The Role of Disruption in Changing the World
If one thing has become clear to me during my 35+ years of working in the technology, business and investment worlds, it's this ... every single industry is open for disruption and a new approach to how things are done IF you can get the right people and the right idea and the right technology(ies) in place at the right time.
This concept was first proven over 55 years ago when Intel Co-Founder, Gordon Moore, postulated with his eponymous Moore's Law that the capabilities of semiconductors would double every 24 months, while the cost for such computer chips would be halved every two years as well.

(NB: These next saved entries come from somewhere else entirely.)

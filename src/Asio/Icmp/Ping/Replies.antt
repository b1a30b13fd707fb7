-- ===== src/Asio/Icmp/Ping/Replies.antt =====
-- Which packets hold the reply that the pinger waits for.
use boost.Prelude.{
  ◌+◌, ◌≡◌, ◌≤◌, ◌<◌, refl, ap, ◌∙◌, subst, ℕ, Bool, true, false, not, ◌&&◌, ◌==◌, ltb, Bytes,
  length, take, drop, length-drop, Bool-cases, eq_refl, inl, inr, arith,
}
use boost.Asio.Icmp.Ipv4Header.{Stream, read, byte, header_length, extract}
use boost.Asio.Icmp.IcmpHeader.{
  IcmpHeader, decode, type, identifier, sequence_number, extract_header,
}
use boost.Asio.Icmp.Accepted.{IsHeader, byte-take, extract_good, extract_bad}
use boost.Asio.Icmp.Ping.{is_expected}

-- An IPv4 header, and behind it the header of an echo reply with this identifier and number.
pub record IsReply (id number : ℕ) (packet : Bytes) : Type 0 where
  pub header : IsHeader packet
  pub whole : header_length packet + 8 ≤ length packet
  pub kind : byte (drop (header_length packet) packet) 0 ≡ 0
  pub own :
      decode
        (byte (drop (header_length packet) packet) 4)
        (byte (drop (header_length packet) packet) 5)
      ≡ id
  pub current :
      decode
        (byte (drop (header_length packet) packet) 6)
        (byte (drop (header_length packet) packet) 7)
      ≡ number

-- The header of eight bytes.
abbrev pub bytes_header : Bytes → IcmpHeader
bytes_header m = record {
  rep_0 = byte m 0;
  rep_1 = byte m 1;
  rep_2 = byte m 2;
  rep_3 = byte m 3;
  rep_4 = byte m 4;
  rep_5 = byte m 5;
  rep_6 = byte m 6;
  rep_7 = byte m 7;
}

-- A header that was read whole.
pub read_header :
    (m : Bytes)
    → 8 ≤ length m
    → (extract_header (record { ahead = m; failed = false })
        ≡ (bytes_header m, record { ahead = drop 8 m; failed = false }))
unfolding extract_header read
read_header m long =
    let at : (i : ℕ) → i < 8 → byte (take 8 m) i ≡ byte m i = λ i h. byte-take 8 i m h in
    let enough : ltb (length m) 8 ≡ false = ground arith in
    rw
      (
        enough,
        at 0 (omega arith),
        at 1 (omega arith),
        at 2 (omega arith),
        at 3 (omega arith),
        at 4 (omega arith),
        at 5 (omega arith),
        at 6 (omega arith),
        at 7 (omega arith),
      )
      refl

short_header :
    (m : Bytes)
    → (extract_header (record { ahead = m; failed = false })).1.failed ≡ ltb (length m) 8
unfolding extract_header read
short_header m = refl

failed_header : (is : Stream) → is.failed ≡ true → (extract_header is).1.failed ≡ true
unfolding extract_header read
failed_header is e = ground (arith, e)

-- The test of `handle_receive` on what was extracted.
unfoldable pub passes : ℕ → ℕ → (Bytes × Stream) → Bool
passes id number (rep, behind) =
    not (extract_header behind).1.failed && is_expected id number (extract_header behind).0

passes_whole :
    (id number : ℕ) (rep m : Bytes)
    → passes id number (rep, record { ahead = m; failed = false }) ≡ true
    → 8 ≤ length m
unfolding passes
passes_whole id number rep m h =
    let s = short_header m in
    let long : ltb (length m) 8 ≡ false = ground (arith, s, h) in ground (arith, long)

pub passes-IsReply :
    (id number : ℕ) (packet : Bytes)
    → passes id number (extract (record { ahead = packet; failed = false })) ≡ true
    → IsReply id number packet
unfolding passes is_expected type identifier sequence_number
passes-IsReply id number packet h =
    let is : Stream = record { ahead = packet; failed = false } in
    let unread : (extract is).1.failed ≡ false = elim (Bool-cases (extract is).1.failed) [
      | inl bad ↦ absurd (ground (arith, failed_header (extract is).1 bad, h))
      | inr fine ↦ fine
    ] in
    let front = (extract_bad is unread).1 in
    let m = drop (header_length packet) packet in
    let left = length-drop {A = ℕ} (header_length packet) packet in
    let tested = subst (λ r. passes id number r ≡ true) (extract_good packet front) h in
    let whole = passes_whole id number (take (header_length packet) packet) m tested in
    let read =
      subst (λ r. (not r.1.failed && is_expected id number r.0) ≡ true) (read_header m whole)
        tested in
    record {
      header = front;
      whole = omega (arith, left, whole, front.whole);
      kind = ground (arith, read);
      own = ground (arith, read);
      current = ground (arith, read);
    }

pub expected_header :
    (id number : ℕ) (packet : Bytes)
    → IsReply id number packet
    → is_expected id number (bytes_header (drop (header_length packet) packet)) ≡ true
unfolding is_expected type identifier sequence_number
expected_header id number packet h =
    let kind : (byte (drop (header_length packet) packet) 0 == 0) ≡ true = ground (arith, h.kind) in
    rw (kind, h.own, h.current, eq_refl id, eq_refl number) refl

pub reply-passes :
    (id number : ℕ) (packet : Bytes)
    → IsReply id number packet
    → passes id number (extract (record { ahead = packet; failed = false })) ≡ true
unfolding passes
reply-passes id number packet h =
    let m = drop (header_length packet) packet in
    let left = length-drop {A = ℕ} (header_length packet) packet in
    ap (passes id number) (extract_good packet h.header)
    ∙ ap (λ (r : IcmpHeader × Stream). not r.1.failed && is_expected id number r.0)
        (read_header m (omega (arith, left, h.whole)))
    ∙ expected_header id number packet h
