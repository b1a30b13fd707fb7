-- ===== src/Asio/Icmp/Ping/Received.antt =====
-- What the pinger makes of the packets that it receives.
use boost.Prelude.{◌+◌, ◌-◌, ◌<◌, ◌≤◌, ◌*◌, zero, suc, ℕ, not, ◌&&◌, if◌then◌else◌, Bytes, length}
use boost.Prelude.Int.{ℤ, pos, negsuc}
use boost.Asio.Icmp.Ipv4Header.{Stream, header_length, source_address, time_to_live}
use boost.Asio.Icmp.IcmpHeader.{IcmpHeader}
use boost.Asio.Icmp.Ping.Runs.{Runs}
use boost.Asio.Icmp.Ping.{Line, Pinger, start_receive, is_expected, count_reply}

-- These are the whole milliseconds from a time to another one, which may be the earlier: the
-- distance has as many of them and not one more, and the sign is that of the direction.
abbrev pub IsElapsed : (earlier later : ℕ) → ℤ → Type 0
IsElapsed earlier later (pos zero) = (later < earlier + 1000) × (earlier < later + 1000)
IsElapsed earlier later (pos (suc n)) =
    (earlier + 1000 * (n + 1) ≤ later) × (later < earlier + 1000 * (n + 2))
IsElapsed earlier later (negsuc n) =
    (later + 1000 * (n + 1) ≤ earlier) × (earlier < later + 1000 * (n + 2))

-- The line about such a packet, with the time that it took.
pub line : ℤ → Bytes → Pinger → Line
unfolding source_address time_to_live
line time packet p = record {
  bytes = length packet - header_length packet;
  from = source_address packet;
  icmp_seq = p.expected;
  ttl = time_to_live packet;
  time = time;
}

-- `handle_receive` behind the two extractions.
tail : ℕ → ℕ → ℕ → Pinger → Bytes → IcmpHeader × Stream → Pinger
tail id now size p rep (h, end) =
    start_receive
      (if not end.failed && is_expected id p.expected h then count_reply now size rep h p else p)
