-- ===== src/Asio/IoServicePool.antt =====
-- doc_searcher/data/input/html/boost_asio/example/http/server2/io_service_pool.cpp: the pool of
-- io_services. An io_service is its place among those that were made, and whether it was stopped:
-- as it has work to do, its own `run` returns exactly when it was stopped.
pub mod RoundRobin
pub mod Server
pub mod Spreading
use boost.Prelude.{
  ◌+◌, ◌≡◌, ℕ, zero, suc, Bool, true, false, ◌&&◌, Option, List, [], ◌∷◌, ◌++◌, none, some, ◌==◌,
  if◌then◌else◌, length, map, get_elem?,
}

pub record IoService : Type 0 where
  pub id : ℕ
  pub is_stopped : Bool

pub record IoServicePool : Type 0 where
  pub io_services_ : List IoService
  pub next_io_service_ : ℕ

-- The loop of the constructor, which makes so many io_services behind those that are there.
unfoldable pub make_services : (count : ℕ) → List IoService → List IoService
make_services zero made = made
make_services (suc count) made =
    make_services count (made ++ record { id = length made; is_stopped = false } ∷ [])

-- The constructor, or none where it throws.
unfoldable pub io_service_pool : (pool_size : ℕ) → Option IoServicePool
unfolding make_services
io_service_pool pool_size =
    if pool_size == 0
    then none
    else some (record { io_services_ = make_services pool_size []; next_io_service_ = 0 })

abbrev pub stopped : IoService → IoService
stopped s = record s { is_stopped = true }

unfoldable pub stop_all : IoServicePool → IoServicePool
stop_all pool = record pool { io_services_ = map stopped pool.io_services_ }

-- The io_service of a call, or none where the index lies outside the vector, and the pool.
unfoldable pub get_io_service : IoServicePool → Option IoService × IoServicePool
get_io_service pool =
    let next = pool.next_io_service_ + 1 in
    (
      get_elem? pool.io_services_ pool.next_io_service_,
      record pool { next_io_service_ = if next == length pool.io_services_ then 0 else next },
    )

-- `run`: the io_services that its threads run, and whether all of these have exited, which `run`
-- waits for.
unfoldable pub run : IoServicePool → List IoService
run pool = pool.io_services_

unfoldable pub has_joined : List IoService → Bool
has_joined [] = true
has_joined (s ∷ threads) = s.is_stopped && has_joined threads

In a similar vein, Metcalfe's Law suggested that the value of any network (physical and/or interpersonal) would rise dramatically as more nodes or people were added to that network, as shown by the equation of n(n -1)/2.
The truth of these and other technology / business "laws" have been proven over and over during the past half century, giving birth to such transformative advancements as the World Wide Web and the ability to own/use a telecommunications supercomputer small enough to fit into a pocket (aka, a smartphone).
So ... what niched yet critical aspect of business is in the process of being totally disrupted by Aumni? It's the data aspect of the legal requirements of venture capital and private investing.
Modern-day Investing and the Law
It turns out that the birth of modern day venture capital and private equity investing traces back to the mid-19th century and really began apace in the 1970s with the first VCs on Sand Hill Road in Silicon Valley and their counterparts along Route 128 in the greater Boston area.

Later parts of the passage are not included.